-- ===== src/Duck/Wrapped.antt =====
-- A client that is wrapped twice (duck/client.go).
use reconciler_runtime.Base.{◌≡◌, refl, ap, Bool, false, inl, inr, Bool-cases, String}
use reconciler_runtime.Tracker.{Returned-cases}
use reconciler_runtime.Duck.{
  External, Form, unstructured, Kin, Call, is_duck, converted, not_supported, Client,
  new_duck_aware_client_wrapper, not_created, not_updated, by_unstructured, convert_back, Query,
  kind_for, namespaced, ask_unstructured,
}

-- The scheme takes an unstructured object for registered, whatever it holds.
abbrev pub KnowsUnstructured : (ext : External) → Kin ext → Type 0
KnowsUnstructured ext k = (u : k.Object unstructured) → k.is_not_registered u ≡ false

module _ (ext : External) (k : Kin ext) {S : Type 0} (call : Call ext k S) where
  converted_once :
      KnowsUnstructured ext k
      → (f : Form) (obj : k.Object f) (s : S)
      → converted ext k (converted ext k call) f obj s ≡ converted ext k call f obj s
  unfolding converted
  converted_once known f obj s = elim (Bool-cases (is_duck ext k obj)) [
    | inr plain ↦ rw plain refl
    | inl duck ↦ elim (Returned-cases (k.to_unstructured obj)) [
      | inl (e, h) ↦ rw (duck, h, by_unstructured) refl
      | inr (u, h) ↦ rw (duck, h, by_unstructured) (rw (known (k.of_map u)) refl)
    ]
  ]

  not_supported_once :
      (message : String) (f : Form) (obj : k.Object f) (s : S)
      → not_supported ext message k (not_supported ext message k call) f obj s
        ≡ not_supported ext message k call f obj s
  unfolding not_supported
  not_supported_once message f obj s = elim (Bool-cases (is_duck ext k obj)) [
    | inr plain ↦ rw plain refl
    | inl duck ↦ rw duck refl
  ]

  converted-converted :
      KnowsUnstructured ext k → converted ext k (converted ext k call) ≡ converted ext k call
  converted-converted known = λ i f obj s. converted_once known f obj s i

  not_supported-not_supported :
      (message : String)
      → not_supported ext message k (not_supported ext message k call)
        ≡ not_supported ext message k call
  not_supported-not_supported message = λ i f obj s. not_supported_once message f obj s i

module _ (ext : External) where
  kind_for_once :
      (query : Query ext ext.Kind) (f : Form) (obj : ext.object.Object f) (s : ext.Cluster)
      → kind_for ext (kind_for ext query) f obj s ≡ kind_for ext query f obj s
  unfolding kind_for
  kind_for_once query f obj s = elim (Bool-cases (is_duck ext ext.object obj)) [
    | inr plain ↦ rw plain refl
    | inl duck ↦ rw duck refl
  ]

  namespaced_once :
      (query : Query ext Bool) (f : Form) (obj : ext.object.Object f) (s : ext.Cluster)
      → KnowsUnstructured ext ext.object
      → namespaced ext (namespaced ext query) f obj s ≡ namespaced ext query f obj s
  unfolding namespaced
  namespaced_once query f obj s known = elim (Bool-cases (is_duck ext ext.object obj)) [
    | inr plain ↦ rw plain refl
    | inl duck ↦ elim (Returned-cases (ext.object.to_unstructured obj)) [
      | inl (e, h) ↦ rw (duck, h, ask_unstructured) refl
      | inr (u, h) ↦ rw (duck, h, ask_unstructured) (rw (known (ext.object.of_map u)) refl)
    ]
  ]

-- Two calls that agree on every object or list that is not duck typed are wrapped to the same calls,
-- those with a conversion as those that are not supported: a duck typed object itself is never
-- handed to what is wrapped. The scheme takes unstructured objects for registered, as documented.
pub converted-not_supported_agree :
    (ext : External) (k : Kin ext) {S : Type 0} (call call' : Call ext k S) (message : String)
    → KnowsUnstructured ext k
    → ((f : Form) (obj : k.Object f) (s : S)
        → is_duck ext k obj ≡ false
        → call f obj s ≡ call' f obj s)
    → (converted ext k call ≡ converted ext k call')
      × (not_supported ext message k call ≡ not_supported ext message k call')
unfolding converted not_supported
converted-not_supported_agree ext k {S = S} call call' message known agree =
    (λ i f obj s. converted_at f obj s i, λ i f obj s. not_supported_at f obj s i)
  where
    converted_at :
        (f : Form) (obj : k.Object f) (s : S)
        → converted ext k call f obj s ≡ converted ext k call' f obj s
    converted_at f obj s = elim (Bool-cases (is_duck ext k obj)) [
      | inr plain ↦ rw plain (agree f obj s plain)
      | inl duck ↦ elim (Returned-cases (k.to_unstructured obj)) [
        | inl (e, h) ↦ rw (duck, h, by_unstructured) refl
        | inr (u, h) ↦
            rw (duck, h, by_unstructured)
              (ap (convert_back ext k obj)
                (agree unstructured (k.of_map u) s (rw (known (k.of_map u)) refl)))
      ]
    ]

    not_supported_at :
        (f : Form) (obj : k.Object f) (s : S)
        → not_supported ext message k call f obj s ≡ not_supported ext message k call' f obj s
    not_supported_at f obj s = elim (Bool-cases (is_duck ext k obj)) [
      | inr plain ↦ rw plain (agree f obj s plain)
      | inl duck ↦ rw duck refl
    ]

-- To wrap a client that is wrapped already changes none of its methods, with any object or list,
-- duck typed or not: as the scheme takes unstructured objects for registered, as documented.
pub new_duck_aware_client_wrapper-new_duck_aware_client_wrapper :
    (ext : External) (c : Client ext)
    → KnowsUnstructured ext ext.object
    → KnowsUnstructured ext ext.list
    → new_duck_aware_client_wrapper ext (new_duck_aware_client_wrapper ext c)
      ≡ new_duck_aware_client_wrapper ext c
new_duck_aware_client_wrapper-new_duck_aware_client_wrapper ext c known known_list = λ i. record {
  reader = record {
    get = λ key opts. converted-converted ext ext.object (c.reader.get key opts) known i;
    list = λ opts. converted-converted ext ext.list (c.reader.list opts) known_list i;
  };
  create = λ opts. not_supported-not_supported ext ext.object (c.create opts) (not_created ext) i;
  update = λ opts. not_supported-not_supported ext ext.object (c.update opts) (not_updated ext) i;
  patch = λ patch opts. converted-converted ext ext.object (c.patch patch opts) known i;
  delete = λ opts. converted-converted ext ext.object (c.delete opts) known i;
  delete_all_of = λ opts. converted-converted ext ext.object (c.delete_all_of opts) known i;
  status = record {
    create = λ g opts.
        not_supported-not_supported ext ext.object (c.status.create g opts) (not_created ext) i;
    update = λ opts.
        not_supported-not_supported ext ext.object (c.status.update opts) (not_updated ext) i;
    patch = λ patch opts. converted-converted ext ext.object (c.status.patch patch opts) known i;
  };
  sub_resource = λ name. record {
    get = λ g opts. converted-converted ext ext.object ((c.sub_resource name).get g opts) known i;
    create = λ g opts.
        not_supported-not_supported ext ext.object ((c.sub_resource name).create g opts)
          (not_created ext) i;
    update = λ opts.
        not_supported-not_supported ext ext.object ((c.sub_resource name).update opts)
          (not_updated ext) i;
    patch = λ patch opts.
        converted-converted ext ext.object ((c.sub_resource name).patch patch opts) known i;
  };
  group_version_kind_for = λ f obj s. kind_for_once ext c.group_version_kind_for f obj s i;
  is_object_namespaced = λ f obj s. namespaced_once ext c.is_object_namespaced f obj s known i;
}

-- -- --

Report every line from the material above that mentions the word "scheme".

SOLUTION TO THIS TASK =>
-- The scheme takes an unstructured object for registered, whatever it holds.
-- handed to what is wrapped. The scheme takes unstructured objects for registered, as documented.
-- duck typed or not: as the scheme takes unstructured objects for registered, as documented.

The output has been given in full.